* **SUPPLIED MATERIAL**:
■ ■ ■ ■ ■ ■ ■
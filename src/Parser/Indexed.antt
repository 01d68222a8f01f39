-- ===== src/Parser/Indexed.antt =====
-- What semindex_index_command of lib/semindex_parser/semindex.cpp reports.
use semindex.Base.{
  ℕ, Bool, true, false, ◌&&◌, Option, none, some, List, [], ◌∷◌, Text, ◌==◌, ◌≡◌, refl, arith, ◌↔◌,
  inl, inr, Bool-cases, &&-left, &&-right, ==_iff,
}
use semindex.Pipeline.{index_clean, index_failed}
use semindex.Parser.{
  Semindex, ToolRun, ToolCommand, GivenCommand, or_dot, status_of, with_data, run_tool, index_given,
  semindex_index_command,
}

-- A command without a file or without an argument
abbrev pub is_unusable : Option Text → Option (List Text) → Bool
is_unusable (some file) (some (arg ∷ rest)) = false
is_unusable file argv = true

module _ {Data : Type 0} where
  -- What the status says of the run.
  pub record Agrees (ok : Bool) (s : Semindex Data) : Type 0 where
    pub clean :
        (s.result.status ≡ index_clean)
        ↔ ((d : Data) × (s.index_data ≡ some d) × (ok ≡ true) × (s.result.errors ≡ 0))
    pub failed : (s.result.status ≡ index_failed) ↔ (s.index_data ≡ none)

  status_of-clean :
      (ok : Bool) (errors : ℕ) (o : Option Data)
      → (status_of ok errors o ≡ index_clean)
        ↔ ((d : Data) × (o ≡ some d) × (ok ≡ true) × (errors ≡ 0))
  status_of-clean ok errors none = (λ e. absurd (cc e), λ h. absurd (cc h.1))
  status_of-clean ok errors (some d) = elim (Bool-cases (ok && errors == 0)) [
    | inl e ↦ (
      λ h. (d, refl, &&-left ok (errors == 0) e, (==_iff errors 0).0 (&&-right ok (errors == 0) e)),
      λ h. rw e refl,
    )
    | inr e ↦ (λ h. absurd (cc (rw e at h)), λ h. absurd (ground (arith, e, h.2, h.3)))
  ]

  status_of-failed :
      (ok : Bool) (errors : ℕ) (o : Option Data)
      → (status_of ok errors o ≡ index_failed) ↔ (o ≡ none)
  status_of-failed ok errors none = (λ e. refl, λ e. refl)
  status_of-failed ok errors (some d) = elim (Bool-cases (ok && errors == 0)) [
    | inl e ↦ (λ h. absurd (cc (rw e at h)), λ h. absurd (cc h))
    | inr e ↦ (λ h. absurd (cc (rw e at h)), λ h. absurd (cc h))
  ]

  with_data-none : (tool : ToolCommand → ToolRun Data) (o : Option Data) → with_data tool o none ≡ o
  with_data-none tool none = refl
  with_data-none tool (some d) = refl

  -- What is left of a command that is indexed
  pub record IsRun (tool : ToolCommand → ToolRun Data) (directory : Option Text) (file : Text)
      (argv : List Text) (ok : Bool) (s : Semindex Data) : Type 0 where
    pub command :
        s.command ≡ some (record { directory = or_dot directory; file = file; argv = argv })
    pub returned : ok ≡ (run_tool tool directory file argv).ret_is_zero
    pub errors : s.result.errors ≡ (run_tool tool directory file argv).errors
    pub left : s.index_data ≡ (run_tool tool directory file argv).index_data
    pub agrees : Agrees ok s

  -- A command with a file and an argument is indexed: the index keeps the command, with "." for a
  -- missing directory, and the data and the number of errors of this run of the tool alone,
  -- whatever the index held before; what is returned is 0 exactly where the tool returned 0; the
  -- status is clean exactly where that is so and the tool counted no error and left index data, and
  -- failed exactly where it left none. A command without one of the two returns -1 and leaves the
  -- index as it was.
  pub semindex_index_command-Agrees :
      (tool : ToolCommand → ToolRun Data) (c : GivenCommand) (s : Semindex Data)
      → ((file arg : Text) (rest : List Text)
          → c.file ≡ some file
          → c.argv ≡ some (arg ∷ rest)
          → IsRun tool c.directory file
              (arg ∷ rest)
              (semindex_index_command tool c s).0
              (semindex_index_command tool c s).1)
        × (is_unusable c.file c.argv ≡ true → semindex_index_command tool c s ≡ (false, s))
  unfolding semindex_index_command
  semindex_index_command-Agrees tool c s =
      (λ file arg rest p q. rw (p, q) (ran file arg rest), unusable c.file c.argv)
    where
      ran :
          (file arg : Text) (rest : List Text)
          → IsRun tool c.directory file
              (arg ∷ rest)
              (index_given tool c.directory (some file) (some (arg ∷ rest)) s).0
              (index_given tool c.directory (some file) (some (arg ∷ rest)) s).1
      ran file arg rest =
          let run = run_tool tool c.directory file (arg ∷ rest) in
          let kept = with_data tool run.index_data none in
          record {
            command = refl;
            returned = refl;
            errors = refl;
            left = with_data-none tool run.index_data;
            agrees = record {
              clean = status_of-clean run.ret_is_zero run.errors kept;
              failed = status_of-failed run.ret_is_zero run.errors kept;
            };
          }

      unusable :
          (f : Option Text) (argv : Option (List Text))
          → is_unusable f argv ≡ true
          → index_given tool c.directory f argv s ≡ (false, s)
      unusable none argv e = refl
      unusable (some file) none e = refl
      unusable (some file) (some []) e = refl
      unusable (some file) (some (arg ∷ rest)) e = absurd (cc e)
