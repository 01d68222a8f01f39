-- ===== src/Parser/Sanitized.antt =====
-- What sanitizeCommandLine of lib/semindex_parser/semindex.cpp leaves of a command.
use semindex.Base.{
  Bool, true, false, ◌&&◌, ◌||◌, List, [], ◌∷◌, Text, codes, text_eq, if◌then◌else◌, ◌≡◌, arith,
  ◌⊎◌,
}
use semindex.Parser.CommandLines.{
  unsupported_arg_takes_value, is_dropped, is_joined_definition, defines_next,
  is_x86_64_builtin_definition, dropped, dropped_with_next, kept,
}

-- An argument that Clang is never given.
abbrev pub is_refused : Text → Bool
is_refused arg = is_dropped arg || is_joined_definition arg || unsupported_arg_takes_value arg

or-left : (a b : Bool) → (a || b) ≡ false → a ≡ false
or-left a b h = ground arith

or-right : (a b : Bool) → (a || b) ≡ false → b ≡ false
or-right a b h = ground arith

tests_kept :
    (a b c d : Bool)
    → (a || b || c) ≡ false
    → d ≡ false
    → (if a
        then dropped
        else if d
        then dropped_with_next
        else if b
        then dropped
        else if c
        then dropped_with_next
        else kept)
      ≡ kept
tests_kept a b c d h k = ground (arith, h, k)

-- What a command is cut down to, argument by argument: some are dropped alone; `-D` and the name of
-- x86-64 behind it together; and `--arch` with the argument behind it, which is its value, if there is
-- one.
pub data CutTo : List Text → List Text → Type 0 where
  cut_end : CutTo [] []
  cut_alone :
      {arg : Text} {rest front : List Text}
      → (is_dropped arg || is_joined_definition arg) ≡ true
      → CutTo rest front
      → CutTo (arg ∷ rest) front
  cut_definition :
      {value : Text} {rest front : List Text}
      → is_x86_64_builtin_definition value ≡ true
      → CutTo rest front
      → CutTo (codes "-D" ∷ value ∷ rest) front
  cut_value :
      {value : Text} {rest front : List Text}
      → CutTo rest front
      → CutTo (codes "--arch" ∷ value ∷ rest) front
  cut_last : CutTo (codes "--arch" ∷ []) []
  cut_none :
      {arg : Text} {rest front : List Text}
      → is_refused arg ≡ false
      → (text_eq arg (codes "-D") && defines_next rest) ≡ false
      → CutTo rest front
      → CutTo (arg ∷ rest) (arg ∷ front)

-- Why an argument is dropped with the next one
abbrev PassesOver : Text → List Text → Type 0
PassesOver arg rest =
    ((text_eq arg (codes "-D") && defines_next rest) ≡ true)
    ⊎ (unsupported_arg_takes_value arg ≡ true)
■ ■ ■ ■ ■ ■ ■
* **WHAT THE EXERCISE ASKS**:
Counting only lines that hold the word "Option", state how many the material contains, and add nothing.

* **SOLUTION FOR THIS EXERCISE**:
7